Essa preocupação com uma possível perda pode levar a um certo medo de infidelidade, de fazer perguntas sobre quem é ou com quem está falando e pequenas discussões, sem ser intenso e sem causar desconforto em nenhum dos integrantes. É um ciúme temporário. Porém é assim que começam a ser um problema.

O ciúme torna-se patológico ou doentio quando a emoção tem sua origem em um desejo desordenado de possuir algo exclusivamente e ao qual está subjacente a infidelidade (real ou imaginária) da pessoa amada. O ciúme patológico é condicionado por um senso exagerado de propriedade e exclusividade.

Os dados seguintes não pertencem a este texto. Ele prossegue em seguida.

-- ===== src/Worker/Cleanup.antt =====
-- libcircle/worker.c: the second loop of CIRCLE_work_loop, which drains messages until a barrier is
-- complete, what follows it, CIRCLE_worker, and CIRCLE_MPI_error_handler.
use libcircle.Prelude.{
  ℤ, ℕ, Bool, true, false, ◌&&◌, ◌||◌, not, Option, none, List, [], ◌∷◌, ◌++◌, ◌==◌, if◌then◌else◌,
  length,
}
use libcircle.C.{Run, ok, out_of_fuel, ◌>>=◌, deref, Os}
use libcircle.Queue.{Queue}
use libcircle.Sends.{wait}
use libcircle.State.{State}
use libcircle.Input.{Input, create_global, has_option}
use libcircle.Token.{token_check}
use libcircle.Collective.{barrier_start, barrier_test}
use libcircle.Abort.{bcast_abort, abort_reduce}
use libcircle.Reduction.{Reply, reduce_sync}
use libcircle.Checkpoint.{Disk, checkpoint}
use libcircle.Worker.{
  Round, Work, callbacks, deliveries, progress, serve, fetch, watch, work_rounds, init_local_state,
  finalize_local_state,
}

-- This rank has nothing outstanding.
unfoldable pub is_settled : State → Bool
is_settled st =
    not st.work_requested
    && not st.reduce.outstanding
    && not st.abort.outstanding
    && (length st.sends.slots == 0)
    && not st.request_pending
    && not st.token.sending

-- The token is received, and its request tested, where the ring is in use.
unfoldable pub drain_token : Round → State → State
drain_token r st =
    let st1 = token_check st r.token in
    let st2 = record st1 {
      token = record (st1.token) { sending = st1.token.sending && not r.token_tested };
    } in
    if st.term_tree_enabled then st else st2

-- The rest of a round of the second loop, when the barrier is not complete.
unfoldable pub clean_up : Os → (req_size : ℕ) → Input → Round → Work → Run Work
clean_up os req_size input r w = do
  w1 ← serve os req_size input true r w
  w2 ← progress os input true r w1
  w3 ← fetch os req_size true r w2
  w4 ← watch true r w3
  ok (record w4 { state = drain_token r w4.state })

-- One round of the second loop of CIRCLE_work_loop.
unfoldable pub cleanup_round : Os → (req_size : ℕ) → Input → Round → Work → Run (Work × Bool)
cleanup_round os req_size input r w = do
  let st = if is_settled w.state then barrier_start w.state else w.state
  (st', passed) ← barrier_test st r.arrived r.released
  let w1 = record w { state = st' }
  elim passed [
    | true ↦ ok (w1, true)
    | false ↦ clean_up os req_size input r w1 >>= λ w2. ok (w2, false)
  ]

unfoldable pub cleanup_rounds : Os → (req_size : ℕ) → Input → List Round → Work → Run Work
cleanup_rounds os req_size input [] w = out_of_fuel
cleanup_rounds os req_size input (r ∷ rounds) w = do
  (w', ends) ← cleanup_round os req_size input r w
  elim ends [ true ↦ ok w' | false ↦ cleanup_rounds os req_size input rounds w' ]

-- The messages of the reductions at the end: those of the children, and the parent's answer.
pub record Last : Type 0 where
  pub replies : List Reply
  pub flags : List Bool
  pub answer : Bool

-- What follows the two loops.
unfoldable pub settle : Os → Input → Last → Work → Run Work
settle os input last w = do
  let st = record (w.state) { sends = (wait w.state.sends).0; request_pending = false }
  let summed = reduce_sync os (callbacks input) st st.local_objects_processed last.replies
  (st', delivery) ← if st.reduce.enabled then summed else ok (st, none)
  st'' ← abort_reduce st' last.flags last.answer
  ok (record w { state = st''; delivered = w.delivered ++ deliveries delivery })

-- CIRCLE_work_loop.
unfoldable pub work_loop :
    Os → (req_size : ℕ) → Input → (rounds cleanups : List Round) → Last → Work → Run Work
work_loop os req_size input rounds cleanups last w = do
  w1 ← work_rounds os req_size input rounds w
  w2 ← cleanup_rounds os req_size input cleanups w1
  settle os input last w2

-- The user creates work on the first rank, or on all.
unfoldable pub create_work : Input → (rank : ℕ) → Queue → State → Run (Queue × State)
create_work input rank q st =
    let created = (do
      create_cb ← deref input.create_cb
      (q', aborts) ← create_cb q
      ok (q', if aborts then bcast_abort st else st)) in
    if rank == 0 || has_option input.options create_global then created else ok (q, st)

-- CIRCLE_worker. The result has the lines of the checkpoint file where one is written.
unfoldable pub worker :
    Os
    → (req_size : ℕ) → Disk
    → Input
    → (rank size : ℕ) → (draws : List ℕ) → (rounds cleanups : List Round) → Last
    → (old : State) → Run (Work × Option (List ℕ))
worker os req_size disk input rank size draws rounds cleanups last old = do
  q ← deref input.queue
  st ← init_local_state os input q rank size draws old
  (q1, st1) ← create_work input rank q st
  w ←
      work_loop os req_size input rounds cleanups last
        (record { queue = q1; state = st1; delivered = [] })
  let written = checkpoint disk w.queue >>= λ (q2, rc, file). ok (q2, file)
  (q3, file) ← if w.state.abort_flag then written else ok (w.queue, none)
  ok (record w { queue = q3; state = finalize_local_state w.state }, file)

-- CIRCLE_MPI_error_handler: what MPI calls on an error writes a checkpoint of the queue as it is, and
-- the process exits after it. The text that is logged is not modelled.
pub error_handler : Disk → Queue → Run (Queue × ℤ × Option (List ℕ))
error_handler disk q = checkpoint disk q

Existem vários pensamentos arraigados na pessoa que experimenta o ciúme patológico:

  • Se não tem ciúme, não ama.
  • Não posso suportar que ele(a) mostre seu amor igualmente.
  • Deve amar muito e em todos os momentos.
  • Só pertence à pessoa.
  • Deve estar apenas com ela.
  • Esse ciúme doentio gera intenso desconforto nas pessoas que o vivenciam: ansiedade, medo, preocupação. Ficam obcecadas e interferem nas atividades. Se for assim, como podemos controlar o ciúme?

    O mais aconselhável é analisar se temos motivos reais para vivê-los. Para fazer esta análise, pode-se ajudar a partir de uma terceira pessoa imparcial e objetiva. Também pode examinar as evidências a favor e contra. E, se ver que continua assim, o ideal é conversar.

  • Evite realizar os comportamentos compulsivos descritos acima.
  • Evite fantasias associadas à situação.
  • Não aborreça tentando encontrar evidências.
  • Evite tomar decisões precipitadas.
  • Promova a autoestima.
  • Aprimore sua vida pessoal fora do relacionamento.
  • Promova o diálogo positivo no casal e a confiança.
  • É importante ter em mente alguns sinais de alerta, que podem indicar que o ciúme está começando a se tornar um problema para poder evitá-lo:

  • Se começarmos a ter necessidade de controlar os movimentos da pessoa.
  • Cada vez que toleramos menos seus amigos
  • Constantemente pensamos sobre o que ele(a) está fazendo
  • Desconfiança
  • Esses são alguns dos sinais de alerta, que podem nos informar sobre o aparecimento iminente do ciúme.


    Portanto, não deve-se cair no erro de banalizar o ciúme, sob a premissa de que "se amamos alguém é normal sentir ciúmes", visto que, como mencionamos no início, não há maior prova do amor incondicional do que preservar o equilíbrio entre a individualidade e a do companheiro(a).